# Hyori's Bed and Breakfast



## VidThreeNorth (Jun 29, 2018)

This is something I have made time for over the last couple of months.  In South Korea in mid 2017 there was a surprise "hit TV show" called "Hyori's Bed and Breakfast".  It was a reality show that starred Lee Hyori and her husband Lee Sangsoon, running their home as a "Bed and Breakfast."  It also featured Lee Jieun (IU) as a general helper.  The choice of Jieun as a helper was interesting because she had very little in the way of skills that were necessary in this line of work.  But clearly, that was a deliberate choice in order to add drama and humour to the show.  She also has one of the biggest fan bases in the orient to help build viewer numbers.

The show released a bunch of "highlight clips" on YouTube in Korean but allowed "the community" to add and edit subtitles.  Unfortunately, so far, I do not feel this worked.  Up till around two - three months ago (when I started looking into this) very few had subtitles.  I watched what I could and checked other sources (including Wikipedia) and found out more about this show.  Eventually, I decided to help out with the sub-titling effort.  This is something I am particularly proud of because I do not read, write, speak or understand Korean.  So how did I do this?  I learned just enough about Korean to use an Android tablet and a Korean keyboard program so I can type in Korean.  Since this show (like many others) is fully sub-titled in Korean, I am able to copy-type what is on the screen, then translate it through Google Translate, and then re-translate the resulting "sort of English" into "nearly English".  I then turn that into a subtitle file and upload it.

The following is one of the highlight clips I worked on.  Almost all the English is mine.  Someone else supplied 2 words for me.

If you see an English title, that is mine too.

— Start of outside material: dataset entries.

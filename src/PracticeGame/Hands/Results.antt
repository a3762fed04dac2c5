-- ===== src/PracticeGame/Hands/Results.antt =====
-- The rows of a hand's players: `handPlayerResult`, `finalStatus`, and what is written when a hand starts or
-- its room ends.
use Prim.Native.String.{String}
use text.Mathlib.Text.{◌==◌ as str_eq}
use allinle.Prelude.{
  Bool, true, false, ◌&&◌, not, List, [], ◌++◌, map, flat_map, Option, none, some, contains, ◌==◌,
  if◌then◌else◌, length, Result, ok, ◌>>=◌,
}
use allinle.Prelude.Int.{ℤ, pos, ◌-ℤ◌, ltb_ℤ}
use allinle.Cards.{Card}
use allinle.Types.{Player, GameState, PlayerStatus, by_showdown, WinnerInfo, PotResult, PotWinner}
use allinle.Evaluator.{EvaluatedHand, evaluate_seven_cards}
use allinle.PracticeRoom.{BotLevel, beginner, advanced}
use allinle.PracticeGame.{
  HandPlayer, FinalStatus, winner, lost, room_ended, still, GameError, engine_error, from_engine,
}

unfoldable pub to_bot_level : Option String → Option BotLevel
to_bot_level none = none
to_bot_level (some level) =
    if str_eq level "BEGINNER"
    then some beginner
    else if str_eq level "NORMAL"
    then some BotLevel.normal
    else if str_eq level "ADVANCED"
    then some advanced
    else none

abbrev pub level_text : BotLevel → String
level_text beginner = "BEGINNER"
level_text BotLevel.normal = "NORMAL"
level_text advanced = "ADVANCED"

abbrev pub level_texts : Option BotLevel → Option String
level_texts none = none
level_texts (some level) = some (level_text level)

-- A text that is empty counts as absent.
abbrev pub text_or_none : Option String → Option String
text_or_none none = none
text_or_none (some String.[]) = none
text_or_none (some t) = some t

abbrev pub pots_of : Option WinnerInfo → List PotResult
pots_of none = []
pots_of (some w) = w.pots

abbrev pub has_folded : PlayerStatus → Bool
has_folded PlayerStatus.folded = true
has_folded _ = false

abbrev pub is_all_in : PlayerStatus → Bool
is_all_in PlayerStatus.all_in = true
is_all_in _ = false

abbrev pub net : Player → ℤ
net p = pos p.chips -ℤ pos p.start_hand_chips

unfoldable pub final_status : Player → GameState → FinalStatus
unfolding flat_map
final_status p state =
    if contains p.seat_no (
      flat_map (λ (pot : PotResult). map (λ (w : PotWinner). w.seat_no) pot.winners)
        (pots_of state.winner_info))
    then winner
    else if has_folded p.status
    then still PlayerStatus.folded
    else if is_all_in p.status && p.chips == 0
    then still PlayerStatus.all_in
    else if ltb_ℤ (net p) (pos 0)
    then lost
    else still p.status

abbrev pub is_by_showdown : Option WinnerInfo → Bool
is_by_showdown none = false
is_by_showdown (some w) = elim w.reason [ by_showdown ↦ true | _ ↦ false ]

-- The best hand of a player who shows it, if the cards are complete.
unfoldable pub shown_hand : Bool → Player → GameState → Result GameError (Option EvaluatedHand)
shown_hand showdown p state =
    if showdown && (length state.board_cards == 5) && (length p.hole_cards == 2)
    then (from_engine engine_error (evaluate_seven_cards (p.hole_cards ++ state.board_cards))
        >>= λ h. ok (some h))
    else ok none

abbrev pub best_cards : Option EvaluatedHand → List Card
best_cards none = []
best_cards (some h) = h.best_five_cards

-- The row of a player when the hand is finished.
unfoldable pub hand_player_result : Player → GameState → Result GameError HandPlayer
hand_player_result p state =
    let showdown = is_by_showdown state.winner_info && not (has_folded p.status) in
    shown_hand showdown p state >>= λ evaluated. ok (record {
      user_id = text_or_none p.user_id;
      seat_no = p.seat_no;
      nickname = some p.nickname;
      is_bot = p.is_bot;
      bot_level = to_bot_level p.bot_level;
      hole_cards = p.hole_cards;
      start_chips = p.start_hand_chips;
      end_chips = some p.chips;
      invested = p.invested_this_hand;
      net_result = some (net p);
      final_status = final_status p state;
      showdown = showdown;
      hand_rank_category = elim evaluated [ none ↦ none | some h ↦ some h.rank_category ];
      hand_rank_description = elim evaluated [
        | none ↦ none
        | some h ↦ text_or_none (some h.description)
      ];
      best_five_cards = best_cards evaluated;
    })

-- The row of a player when the room ends in the middle of a hand.
unfoldable pub hand_player_aborted : Player → HandPlayer
unfolding to_bot_level
hand_player_aborted p = record {
  user_id = text_or_none p.user_id;
  seat_no = p.seat_no;
  nickname = some p.nickname;
  is_bot = p.is_bot;
  bot_level = to_bot_level p.bot_level;
  hole_cards = p.hole_cards;
  start_chips = p.start_hand_chips;
  end_chips = some p.chips;
  invested = p.invested_this_hand;
  net_result = some (net p);
  final_status = room_ended;
  showdown = false;
  hand_rank_category = none;
  hand_rank_description = none;
  best_five_cards = [];
}

-- The row of a player when the hand starts.
abbrev pub hand_player_dealt : Player → HandPlayer
hand_player_dealt p = record {
  user_id = text_or_none p.user_id;
  seat_no = p.seat_no;
  nickname = some p.nickname;
  is_bot = p.is_bot;
  bot_level = to_bot_level p.bot_level;
  hole_cards = p.hole_cards;
  start_chips = p.start_hand_chips;
  end_chips = none;
  invested = 0;
  net_result = none;
  final_status = still p.status;
  showdown = false;
  hand_rank_category = none;
  hand_rank_description = none;
  best_five_cards = [];
}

"첫 번째 업무! 커피 내리기에 멘붕 온 아이유 '백지'⊙_⊙ 효리네 민박 3회",
[Jieun makes her first Iced Expresso Coffee]
Posted by "JTBC Entertainment", Jul 9, 2017,





_[2018-10-01 21:20]_
Recently someone made an almost complete re-write of the English Sub for this clip.  So the wording is no longer mine.  It reads much clearer!  This is the fulfillment of the idea behind the "community" approach.  For the past few months people who needed a translation had mine, and now that someone with better skill has come along, they will have this improved version.  I feel somewhat like a "father" in this situation -- without the early morning diaper duties. . . .


----------



## VidThreeNorth (Jul 24, 2018)

I thought that I would post a follow-up to this topic because I have essentially "finished" the translation work I was doing.  Some time around the 3rd clip that I worked on, I decided roughly how many I wanted to do.  I decided that I felt it was a shame that this show was being neglected in the English speaking community and that (back then) it was approaching 1 year since it was first aired, with only a small handful of the clips having English subs.  I think that after a show is 1 year old, then interest is likely to drop off without a chance of it reaching its potential popularity.  I might be wrong about that -- I have no "studies" to base it on, but if a show is over a year old, I think I would tend to by-pass it.

Anyway, I decided that I would work on 6 - 10 clips with a total projected content time of at least 20 min.  I think that this much is enough for people to decided if they are interested in it.  As I write this, I have worked on 8 clips with a total content time of a bit over 23 min.  So, as I see it, "I'm done".  I also did what I could to encourage others to work on these translations, and I think I succeeded in that.  In fact, there is one clip that I am really happy about because someone re-wrote over half the subtitles in the clip and did a first rate job.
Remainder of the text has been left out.